- Exercise prompt
Each line of the records below that contains "player" needs to be copied.

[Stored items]
◆ ◆ ◆ ◆ ◆ ◆ ◆

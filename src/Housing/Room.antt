-- ===== src/Housing/Room.antt =====
-- Placing and moving furniture keep the room laid out.
use cat_game_backend.Base.{
  ℕ, ◌<◌, ◌≡◌, refl, sym, true, ◌||◌, Option, none, some, List, inl, inr, arith, All, All-map_imp,
  Bool-cases, Option-cases, ◌==◌, opt_eq,
}
use cat_game_backend.Core.Error.{ok}
use cat_game_backend.Store.Rows.{
  User, Item, PlacedObject, Position, item_row, user_row, placed_object_row,
}
use cat_game_backend.Store.Table.{
  IsBelow, get, get-find, find, put, where_rows, Distinct-put, All-put, All-find,
}
use cat_game_backend.Store.Session.{Db, Session, begin, run_uow, run_uow-ok}
use cat_game_backend.Store.Atomic.{run_uow-outcome}
use cat_game_backend.Housing.{
  lock_user, ensure_placement_free, place_furniture, update_furniture_placement, PlacedObjectRead,
}
use cat_game_backend.Housing.Geometry.{ensure_error}
use cat_game_backend.Housing.Layout.{compatible, ensure_error-none, Layout-put}
use cat_game_backend.Housing.Placing.{
  IsLaidOut, place_furniture-Placed, Placed-IsLaidOut, compatible-All,
}
use cat_game_backend.Housing.Atomicity.{place_furniture-IsAtomic, update-IsAtomic}

module _ (grid_unit : ℕ) where
  -- For a positive grid unit, placing furniture keeps the room laid out, whether the call returns
  -- or raises; in IsLaidOut, the keys of the items and placed objects are distinct and below the
  -- next number, every object that has a footprint lies inside the room, and no two objects of
  -- the same player overlap.
  pub place_furniture-IsLaidOut :
      (user_public_id item_public_id : ℕ) (p : Position) (id : Option ℕ) (db : Db)
      → 0 < grid_unit
      → IsLaidOut grid_unit db
      → IsLaidOut grid_unit
          (run_uow (place_furniture grid_unit user_public_id item_public_id p id) db).1
  place_furniture-IsLaidOut user_public_id item_public_id p id db u h =
      run_uow-outcome (IsLaidOut grid_unit)
        (place_furniture grid_unit user_public_id item_public_id p id) db
        (place_furniture-IsAtomic grid_unit user_public_id item_public_id p id) h
        (λ r db' ran.
          let (s', steps, same) =
            run_uow-ok (place_furniture grid_unit user_public_id item_public_id p id) db db' r
              ran in
          elim (place_furniture-Placed grid_unit user_public_id item_public_id p id db s' r steps) [
            | inl unchanged ↦ rw (sym same, unchanged) h
            | inr (user, item, found, placed) ↦ rw (sym same) (
                Placed-IsLaidOut grid_unit user item db s'.committed u
                  (get-find (λ (i : Item). i.public_id == item_public_id) item db.items h.item_keys
                    found)
                  h placed)
          ])

  -- What a move of `user`'s object to `position` has done.
  pub record Moved (user : User) (object_public_id : ℕ) (position : Position) (db db' : Db)
      : Type 0 where
    pub object : PlacedObject
    pub item : Item
    pub found : find (λ p. p.public_id == object_public_id) db.placed_objects ≡ some object
    pub owner : object.user_id ≡ user.id
    pub item_found : get object.item_id db.items ≡ some item
    pub free :
        ensure_error grid_unit db.items item position
          (some object.id)
          (where_rows (λ q. q.user_id == user.id) db.placed_objects)
        ≡ none
    pub moved :
        db'.placed_objects ≡ put (record object { position_data = position }) db.placed_objects
    pub items : db'.items ≡ db.items
    pub next_id : db'.next_id ≡ db.next_id
    pub assets : db'.assets ≡ db.assets

  pub update-Moved :
      (user_public_id object_public_id : ℕ) (position : Position) (db : Db) (s' : Session)
      (r : PlacedObjectRead)
      → update_furniture_placement grid_unit user_public_id object_public_id position (begin db)
        ≡ (ok r, s')
      → (user : User) × Moved user object_public_id position db s'.committed
  unfolding update_furniture_placement lock_user ensure_placement_free
  update-Moved user_public_id object_public_id position db s' r h =
      elim (Option-cases (find (λ u. u.public_id == user_public_id) db.users)) [
        | inl unknown ↦ ground arith
        | inr (user, found) ↦ elim (Option-cases (get user.id db.users)) [
          | inl unlocked ↦ ground arith
          | inr (locked, row) ↦
              elim (Option-cases
                (find (λ (p : PlacedObject). p.public_id == object_public_id) db.placed_objects)) [
                  | inl no_object ↦ ground arith
                  | inr (p, found_object) ↦ elim (Bool-cases (p.user_id == locked.id)) [
                    | inl own ↦ elim (Option-cases (get p.item_id db.items)) [
                      | inl no_item ↦ ground arith
                      | inr (item, item_found) ↦ (
                        locked,
                        record {
                          object = p;
                          item = item;
                          found = found_object;
                          owner = ground arith;
                          item_found = item_found;
                          free = ground arith;
                          moved = ground arith;
                          items = ground arith;
                          next_id = ground arith;
                          assets = ground arith;
                        },
                      )
                    ]
                    | inr foreign ↦ ground arith
                  ]
                ]
        ]
      ]

  own_rows :
      (v p : PlacedObject) (t : List PlacedObject) (items : List Item)
      → v.id ≡ p.id
      → All (λ q. (opt_eq (some p.id) (some q.id) || compatible grid_unit items v q) ≡ true) t
      → All (λ q. ((q.id == v.id) || compatible grid_unit items v q) ≡ true) t
  own_rows v p t items same h = All-map_imp _ _ t (λ q k. ground arith) h

  Moved-IsLaidOut :
      (user : User) (object_public_id : ℕ) (position : Position) (db db' : Db)
      → 0 < grid_unit
      → IsLaidOut grid_unit db
      → Moved user object_public_id position db db'
      → IsLaidOut grid_unit db'
  Moved-IsLaidOut user object_public_id position db db' u h m =
      let v = record m.object { position_data = position } in
      let free =
        ensure_error-none grid_unit db.items m.item v (some m.object.id)
          (where_rows (λ q. q.user_id == user.id) db.placed_objects) u m.item_found m.free in
      record {
        item_keys = rw m.items h.item_keys;
        keys = rw m.moved (Distinct-put v db.placed_objects h.keys);
        ids =
            rw (m.moved, m.next_id)
              (All-put (IsBelow db.next_id) v db.placed_objects
                (All-find (IsBelow db.next_id) _ m.object db.placed_objects h.ids m.found) h.ids);
        layout =
            rw (m.moved, m.items)
              (Layout-put grid_unit db.items v db.placed_objects h.keys free.0
                (own_rows v m.object db.placed_objects db.items refl (
                  compatible-All grid_unit db.items v user.id (some m.object.id) db.placed_objects
                    m.owner free.1))
                h.layout);
      }

  -- For a positive grid unit, moving a placed object keeps the room laid out, whether the call
  -- returns or raises; in IsLaidOut, the keys of the items and placed objects are distinct and
  -- below the next number, every object that has a footprint lies inside the room, and no two
  -- objects of the same player overlap.
  pub update_furniture_placement-IsLaidOut :
      (user_public_id object_public_id : ℕ) (position : Position) (db : Db)
      → 0 < grid_unit
      → IsLaidOut grid_unit db
      → IsLaidOut grid_unit
          (run_uow
            (update_furniture_placement grid_unit user_public_id object_public_id position)
            db).1
  update_furniture_placement-IsLaidOut user_public_id object_public_id position db u h =
      run_uow-outcome (IsLaidOut grid_unit)
        (update_furniture_placement grid_unit user_public_id object_public_id position) db
        (update-IsAtomic grid_unit user_public_id object_public_id position) h
        (λ r db' ran.
          let (s', steps, same) =
            run_uow-ok
              (update_furniture_placement grid_unit user_public_id object_public_id position) db db'
              r ran in
          let (user, moved) = update-Moved user_public_id object_public_id position db s' r steps in
          rw (sym same) (Moved-IsLaidOut user object_public_id position db s'.committed u h moved))
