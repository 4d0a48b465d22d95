-- ===== src/Housing/Removal.antt =====
-- Removing furniture keeps the room laid out.
use cat_game_backend.Base.{ℕ, ◌≡◌, sym, some, inl, inr, arith, Bool-cases, Option-cases, ◌==◌}
use cat_game_backend.Core.Error.{ok}
use cat_game_backend.Store.Rows.{User, PlacedObject, item_row, user_row, placed_object_row}
use cat_game_backend.Store.Table.{
  IsBelow, get, find, delete_row, Distinct-delete_row, All-delete_row,
}
use cat_game_backend.Store.Session.{Db, Session, begin, run_uow, run_uow-ok}
use cat_game_backend.Store.Atomic.{run_uow-outcome}
use cat_game_backend.Housing.{lock_user, remove_furniture_placement}
use cat_game_backend.Housing.Layout.{Layout-delete_row}
use cat_game_backend.Housing.Placing.{IsLaidOut}
use cat_game_backend.Housing.Atomicity.{remove-IsAtomic}

module _ (grid_unit : ℕ) where
  pub record Removed (user : User) (object_public_id : ℕ) (db db' : Db) : Type 0 where
    pub object : PlacedObject
    pub found : find (λ p. p.public_id == object_public_id) db.placed_objects ≡ some object
    pub owner : object.user_id ≡ user.id
    pub removed : db'.placed_objects ≡ delete_row object.id db.placed_objects
    pub items : db'.items ≡ db.items
    pub next_id : db'.next_id ≡ db.next_id
    pub assets : db'.assets ≡ db.assets

  pub remove-Removed :
      (user_public_id object_public_id : ℕ) (db : Db) (s' : Session)
      → remove_furniture_placement grid_unit user_public_id object_public_id (begin db)
        ≡ (ok tt, s')
      → (user : User) × Removed user object_public_id db s'.committed
  unfolding remove_furniture_placement lock_user
  remove-Removed user_public_id object_public_id db s' h =
      elim (Option-cases (find (λ u. u.public_id == user_public_id) db.users)) [
        | inl unknown ↦ ground arith
        | inr (user, found) ↦ elim (Option-cases (get user.id db.users)) [
          | inl unlocked ↦ ground arith
          | inr (locked, row) ↦
              elim (Option-cases
                (find (λ (p : PlacedObject). p.public_id == object_public_id) db.placed_objects)) [
                  | inl no_object ↦ ground arith
                  | inr (p, found_object) ↦ elim (Bool-cases (p.user_id == locked.id)) [
                    | inl own ↦ (
                      locked,
                      record {
                        object = p;
                        found = found_object;
                        owner = ground arith;
                        removed = ground arith;
                        items = ground arith;
                        next_id = ground arith;
                        assets = ground arith;
                      },
                    )
                    | inr foreign ↦ ground arith
                  ]
                ]
        ]
      ]

  Removed-IsLaidOut :
      (user : User) (object_public_id : ℕ) (db db' : Db)
      → IsLaidOut grid_unit db
      → Removed user object_public_id db db'
      → IsLaidOut grid_unit db'
  Removed-IsLaidOut user object_public_id db db' h m = record {
    item_keys = rw m.items h.item_keys;
    keys = rw m.removed (Distinct-delete_row m.object.id db.placed_objects h.keys);
    ids =
        rw (m.removed, m.next_id)
          (All-delete_row (IsBelow db.next_id) m.object.id db.placed_objects h.ids);
    layout =
        rw (m.removed, m.items)
          (Layout-delete_row grid_unit db.items m.object.id db.placed_objects h.layout);
  }

  -- Removing a placed object keeps the room laid out, whether the call returns or raises.
  pub remove_furniture_placement-IsLaidOut :
      (user_public_id object_public_id : ℕ) (db : Db)
      → IsLaidOut grid_unit db
      → IsLaidOut grid_unit
          (run_uow (remove_furniture_placement grid_unit user_public_id object_public_id) db).1
  remove_furniture_placement-IsLaidOut user_public_id object_public_id db h =
      run_uow-outcome (IsLaidOut grid_unit)
        (remove_furniture_placement grid_unit user_public_id object_public_id) db
        (remove-IsAtomic grid_unit user_public_id object_public_id) h
        (λ r db' ran.
          let (s', steps, same) =
            run_uow-ok (remove_furniture_placement grid_unit user_public_id object_public_id) db db'
              r ran in
          let (user, removed) = remove-Removed user_public_id object_public_id db s' steps in
          rw (sym same) (Removed-IsLaidOut user object_public_id db s'.committed h removed))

◆ ◆ ◆ ◆ ◆ ◆ ◆

- Reply
  -- the same player overlap.
  -- objects of the same player overlap.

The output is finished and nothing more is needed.